‘NOBODY REALLY KNOWS WHAT TO DO’
Golfers left looking for tournaments after cancellation of Mackenzie Tour season
It was teed up to be a banner year for the Mackenzie Tour.
After all, the 2020 season — the eighth of the circuit’s existence — was to include a loop-high 13-stop schedule, highlighted by a first-time tournament in Minnesota.
But it was all scrubbed Friday, when the Mackenzie Tour —
PGA Tour Canada announced it has cancelled the entire slate of events for this summer, becoming yet another sporting casualty of the coronavirus pandemic.
“We were really excited for this year,” said Mackenzie Tour executive director Scott Pritchard. “We had a lot of really positive momentum, including going to a few new golf courses we were planning on playing.
“But understanding the complexities that this pandemic has caused, we knew it wasn’t fair to leave our members in positions that might prevent them from pursuing other playing opportunities elsewhere while waiting to see what transpired in Canada.”
Instead, they’ll take a mulligan and regroup next summer.

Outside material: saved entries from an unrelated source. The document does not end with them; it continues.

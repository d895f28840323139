-- ===== src/CrossCheck/Evidence.antt =====
-- A second source refuses a fill only on evidence (src/core/offerxcheck.ts).
use cairn_wallet.Base.{ℕ, ◌<◌, ◌≡◌, ◌≢◌, refl, true, Option, none, some, arith}
use cairn_wallet.Base.Text.{lower, eq_of_text_eq, text_eq_iff}
use cairn_wallet.CrossCheck.{
  Amount, absent, malformed, whole, units, Offer, CrossCheckCtx, Conflict, closed, more_paid,
  more_delivered, held_until, is_closed, exceeds, exceeds_units, or_zero, outlasts, other_hold,
  second_source_offer_conflict,
}

-- What the reply must show for each refusal.
pub IsShown : Offer → CrossCheckCtx → (paid delivered : Amount) → Conflict → Type 0
IsShown s ctx paid delivered closed = is_closed s.status ≡ true
IsShown s ctx paid delivered more_paid =
    (n : ℕ) × (s.paid ≡ whole n) × ((m : ℕ) → paid ≡ whole m → m < n)
IsShown s ctx paid delivered more_delivered =
    (n : ℕ) × (s.delivered ≡ whole n) × ((m : ℕ) → delivered ≡ whole m → m < n)
IsShown s ctx paid delivered (held_until h) =
    (end : ℕ) × (ctx.own_hold_end ≡ some end)
    × (s.claim_until ≡ some h)
    × (end < h)
    × (lower s.claim_txid ≢ lower ctx.fclaim_txid)

exceeds_shown :
    (s p : Amount) → exceeds s p ≡ true → (n : ℕ) × (s ≡ whole n) × ((m : ℕ) → p ≡ whole m → m < n)
unfolding exceeds units exceeds_units or_zero
exceeds_shown absent p h = absurd (cc)
exceeds_shown malformed p h = absurd (cc)
exceeds_shown (whole n) p h = (n, refl, λ m e. ground arith)

outlasts_shown :
    (a b : Option ℕ) (h : ℕ)
    → outlasts a b ≡ some h
    → (end : ℕ) × (b ≡ some end) × (a ≡ some h) × (end < h)
unfolding outlasts
outlasts_shown none b h e = absurd (cc)
outlasts_shown (some a) none h e = absurd (cc)
outlasts_shown (some a) (some b) h e = (b, refl, ground arith, ground arith)

other_hold-IsShown :
    (s : Offer) (ctx : CrossCheckCtx) (paid delivered : Amount) (c : Conflict)
    → other_hold s ctx ≡ some c
    → IsShown s ctx paid delivered c
unfolding other_hold IsShown
other_hold-IsShown s ctx paid delivered closed h = absurd (ground arith)
other_hold-IsShown s ctx paid delivered more_paid h = absurd (ground arith)
other_hold-IsShown s ctx paid delivered more_delivered h = absurd (ground arith)
other_hold-IsShown s ctx paid delivered (held_until u) h =
    let e : outlasts s.claim_until ctx.own_hold_end ≡ some u = ground arith in
    let (end, a, b, lt) = outlasts_shown s.claim_until ctx.own_hold_end u e in
    (
      end,
      a,
      b,
      lt,
      λ q. ground (arith, (text_eq_iff (lower s.claim_txid) (lower ctx.fclaim_txid)).1 q),
    )

conflict-IsShown :
    (s : Offer) (ctx : CrossCheckCtx) (paid delivered : Amount) (c : Conflict)
    → second_source_offer_conflict paid delivered (some s) ctx ≡ some c
    → IsShown s ctx paid delivered c
unfolding second_source_offer_conflict IsShown
conflict-IsShown s ctx paid delivered c h = ground (
  arith,
  exceeds_shown s.paid paid,
  exceeds_shown s.delivered delivered,
  other_hold-IsShown s ctx paid delivered c,
)

-- The second source's offer refuses a fill only where it is the offer in question and shows the reason: a closed
-- status, more paid or delivered than the primary served, or another reservation that outlasts ours.
pub second_source_offer_conflict-IsShown :
    (paid delivered : Amount) (o : Option Offer) (ctx : CrossCheckCtx) (c : Conflict)
    → second_source_offer_conflict paid delivered o ctx ≡ some c
    → (s : Offer) × (o ≡ some s)
      × (lower s.id ≡ lower ctx.offer_id)
      × IsShown s ctx paid delivered c
unfolding second_source_offer_conflict IsShown
second_source_offer_conflict-IsShown paid delivered none ctx c h = absurd (cc)
second_source_offer_conflict-IsShown paid delivered (some s) ctx c h = (
  s,
  refl,
  ground (arith, eq_of_text_eq (lower s.id) (lower ctx.offer_id)),
  conflict-IsShown s ctx paid delivered c h,
)
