module _ {ℓ κ} {K : Type ℓ} {V : Type κ} ⦃o : Ord K⦄ where
  -- a node that has taken in messages: still ordered, with the messages replayed at every key
  pub record HasReceived (lo hi : Option K) (n : Node K V) (msgs : List (Message K V))
      (r : Node K V) : Type (ℓ ⊔ κ) where
    pub ordered : IsOrdered lo hi r
    pub value : (k : K) → eval r k ≡ replay k msgs (eval n k)

  -- children of which the one at an index has taken in messages
  pub record HaveReceived (lo hi : Option K) (ps : List K) (cs : Children K V) (h : ℕ)
      (msgs : List (Message K V)) (r : Children K V) : Type (ℓ ⊔ κ) where
    pub ordered : AreOrdered lo hi ps r
    pub self : (k : K) → route ps k ≡ h → eval_at ps r k ≡ replay k msgs (eval_at ps cs k)
    pub other : (k : K) → route ps k ≢ h → eval_at ps r k ≡ eval_at ps cs k

  abbrev pub RoutesTo : List K → ℕ → List (Message K V) → Type 0
  RoutesTo ps h msgs = All (λ m. route ps (key_of m) ≡ h) msgs

  pub num_children-length :
      (lo hi : Option K) (ps : List K) (cs : Children K V)
      → AreOrdered lo hi ps cs
      → num_children cs ≡ suc (length ps)
  unfolding AreOrdered
  num_children-length lo hi ps nil a = absurd a
  num_children-length lo hi [] (cons c nil) a = refl
  num_children-length lo hi [] (cons c (cons d cs)) a = absurd a
  num_children-length lo hi (p ∷ ps) (cons c cs) a =
      ap suc (num_children-length (some p) hi ps cs a.2)

  pub first_bounds :
      (lo hi : Option K) (p : K) (ps : List K) (msgs : List (Message K V))
      → All (Fits lo hi) msgs
      → RoutesTo (p ∷ ps) 0 msgs
      → All (Fits lo (some p)) msgs
  first_bounds lo hi p ps [] a b = tt
  first_bounds lo hi p ps (m ∷ ms) a b =
      (ground (arith, o.lt_of_gt p (key_of m)), first_bounds lo hi p ps ms a.1 b.1)

  pub later_bounds :
      (lo hi : Option K) (p : K) (ps : List K) (h : ℕ) (msgs : List (Message K V))
      → All (Fits lo hi) msgs
      → RoutesTo (p ∷ ps) (suc h) msgs
      → All (Fits (some p) hi) msgs × RoutesTo ps h msgs
  later_bounds lo hi p ps h [] a b = (tt, tt)
  later_bounds lo hi p ps h (m ∷ ms) a b =
      let rest = later_bounds lo hi p ps h ms a.1 b.1 in
      ((ground arith, rest.0), (ground arith, rest.1))

  pub eval_at-first :
      (p : K) (ps : List K) (c : Node K V) (cs : Children K V) (k : K)
      → is_le (o.cmp p k) ≡ false
      → eval_at (p ∷ ps) (cons c cs) k ≡ eval c k
  unfolding eval
  eval_at-first p ps c cs k e = ground arith

  pub eval_at-later :
      (p : K) (ps : List K) (c : Node K V) (cs : Children K V) (k : K)
      → is_le (o.cmp p k) ≡ true
      → eval_at (p ∷ ps) (cons c cs) k ≡ eval_at ps cs k
  unfolding eval
  eval_at-later p ps c cs k e = ground arith

  same_last :
      (lo hi : Option K) (c r : Node K V) (msgs : List (Message K V))
      → HasReceived lo hi c msgs r
      → HaveReceived lo hi [] (cons c nil) 0 msgs (cons r nil)
  unfolding AreOrdered eval
  same_last lo hi c r msgs s = record {
    ordered = s.ordered;
    self = λ k e. s.value k;
    other = λ k ne. absurd (ne refl);
  }

  same_first :
      (lo hi : Option K) (p : K) (ps : List K) (c r : Node K V) (cs : Children K V)
      (msgs : List (Message K V))
      → AreOrdered lo hi (p ∷ ps) (cons c cs)
      → HasReceived lo (some p) c msgs r
      → HaveReceived lo hi (p ∷ ps) (cons c cs) 0 msgs (cons r cs)
  unfolding AreOrdered eval
  same_first lo hi p ps c r cs msgs a s = record {
    ordered = (a.0, s.ordered, a.2);
    self = λ k e.
        let low = route-first p ps k e in
        eval_at-first p ps r cs k low
        ∙ s.value k
        ∙ ap (replay k msgs) (sym (eval_at-first p ps c cs k low));
    other = λ k ne.
        let high = route-later p ps k ne in
        eval_at-later p ps r cs k high ∙ sym (eval_at-later p ps c cs k high);
  }

  same_later :
      (lo hi : Option K) (p : K) (ps : List K) (c : Node K V) (cs r : Children K V) (h : ℕ)
      (msgs : List (Message K V))
      → AreOrdered lo hi (p ∷ ps) (cons c cs)
      → HaveReceived (some p) hi ps cs h msgs r
      → HaveReceived lo hi (p ∷ ps) (cons c cs) (suc h) msgs (cons c r)
  unfolding AreOrdered eval
  same_later lo hi p ps c cs r h msgs a s = record {
    ordered = (a.0, a.1, s.ordered);
    self = λ k e.
        let high : is_le (o.cmp p k) ≡ true = ground arith in
        eval_at-later p ps c r k high
        ∙ s.self k (ground arith)
        ∙ ap (replay k msgs) (sym (eval_at-later p ps c cs k high));
    other = λ k ne. elim (Bool-cases (is_le (o.cmp p k))) [
      | inl high ↦
          eval_at-later p ps c r k high
          ∙ s.other k (λ e. ne (ground arith))
          ∙ sym (eval_at-later p ps c cs k high)
      | inr low ↦ eval_at-first p ps c r k low ∙ sym (eval_at-first p ps c cs k low)
    ];
  }

  bucket_routes :
      (lo hi : Option K) (ps : List K) (cs : Children K V) (msgs : List (Message K V)) (h : ℕ)
      → AreOrdered lo hi ps cs
      → All (λ m. find_child_index ps (key_of m) ≡ h) msgs
      → RoutesTo ps h msgs
  bucket_routes lo hi ps cs [] h a b = tt
  bucket_routes lo hi ps cs (m ∷ ms) h a b = (
    sym (find_child_index_lem lo hi ps cs (key_of m) a) ∙ b.0,
    bucket_routes lo hi ps cs ms h a b.1,
  )

  -- the bucket of a child holds messages for it
  pub bucket-RoutesTo :
      (lo hi : Option K) (ps : List K) (cs : Children K V) (buf : List (Message K V)) (h : ℕ)
      → AreOrdered lo hi ps cs
      → RoutesTo ps h (bucket_at (parted (child_index ps) 0 (num_children cs) buf) h)
  bucket-RoutesTo lo hi ps cs buf h a =
      let bucket = bucket_at (parted (child_index ps) 0 (num_children cs) buf) h in
      bucket_routes lo hi ps cs bucket h a (
        subst (λ i. All (λ m. child_index ps m ≡ i) bucket) (zero-add h)
          (bucket_at-index (child_index ps) 0 (num_children cs) h buf))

“It’s definitely a bummer,” said Jared du Toit, a 25-year-old native of Kimberley, B.C., who has spent the last three summers with the Mackenzie Tour, as he tries to climb the ladder in the golf world.
“Nobody really knows what to do, and everybody’s panicking. A lot of guys kind of plan their summer and season around the Mackenzie Tour and Q-schools, and both those are done. I think a lot of guys are scrambling for events right now. A lot of guys are going to be stuck for the summer just playing $20 money games with their buddies or something like that.”
Du Toit is fortunate to have a travel visa so he can play in events stateside, such as Monday qualifiers for the Korn Ferry Tour, the circuit just a cut below the PGA Tour.
“The biggest thing that the Mackenzie Tour provides is a chance to move up and get your Korn Ferry Tour card,” said du Toit, who often calls Calgary home during the summer. “If you miss that by not finishing in the top five, then top 10 still gets you (an exemption into the finals of the Korn Ferry Tour Qualifying Tournament) and then top 25 gets you through to the second stage of Korn Ferry qualifying school.
“That ability to not move up this year is going to hurt a lot of guys. I would say the Korn Ferry Tour card is the carrot dangling in front of you when you’re playing on the Mackenzie Tour.
“You kind of give yourself three, four, five, maybe six years to make that step. If you don’t make it in that stretch, a lot of guys give it up and go get a real job. So this whole year is going to hurt a ton of guys and might cut that four years down to three or something like that. I hope I’m wrong.”
Pritchard says the decision to cancel this year’s tour schedule entirely was made for a number of reasons.
“We were monitoring the border situation pretty closely, not knowing when it would be open, and there has been some speculation about the accommodations for pro athletes,” said Pritchard, who oversees a tour primarily comprised of American talent. “But, ultimately, the 14-day quarantine was really a tough one because a lot of these players are running a pretty tight budget, so to ask a player to come to Canada and quarantine for 14 days and find a place to play and practise and to stay somewhere is tough.”
The Canada Life Open was originally scheduled to kick off the tour schedule this weekend in Vancouver.
What was supposed to follow were stops in Victoria, Kelowna, B.C., and Lethbridge, Alta., before heading to Cardigan, P.E.I., for the inaugural Prince Edward Island Pro-am.
After that, the agenda was taking the Mackenzie Tour to Caledon, Ont., Windsor, Ont., Calgary and Manitoba.
Then it was a much-celebrated swing stateside for the CRMC Championship in Brainerd, Minn. To round out the season, three tourneys were slated for Tottenham, Ont., Blainville, Que., and London, Ont.
“We’re grinding hard for every event that we can get and to ultimately keep them on the schedule,” said Pritchard about what has been an annual challenge for the developmental tour. “The overall impact remains to be seen. But, luckily, we have some great partners currently. So we feel strong about what the season looks like next year. All of the conversations we’ve had have been quite positive.”
Tour status for 2021 will be based on Order of Merit results from the 2019 season, with the top-60 players being granted exemption.
In addition, those golfers having recently earned their way on to the loop through three qualifying tournaments will retain status for the next season.
“With the safety of the communities we play in mind, as well as the well-being of our players, sponsors, tournament-organizing committees, volunteers and golf course staff, we came to the realization that this is the best decision for everyone involved,” Pritchard added. “At least now there’s a sense of finality that now we can just move forward with focusing on 2021.”
Jared du Toit, seen here at the 2016 RBC Canadian Open at Glen Abbey Golf Club in Oakville, Ont., says a lot of players plan their summer around the Mackenzie Tour and Q-schools. He says the tour’s cancellation is “definitely a bummer.”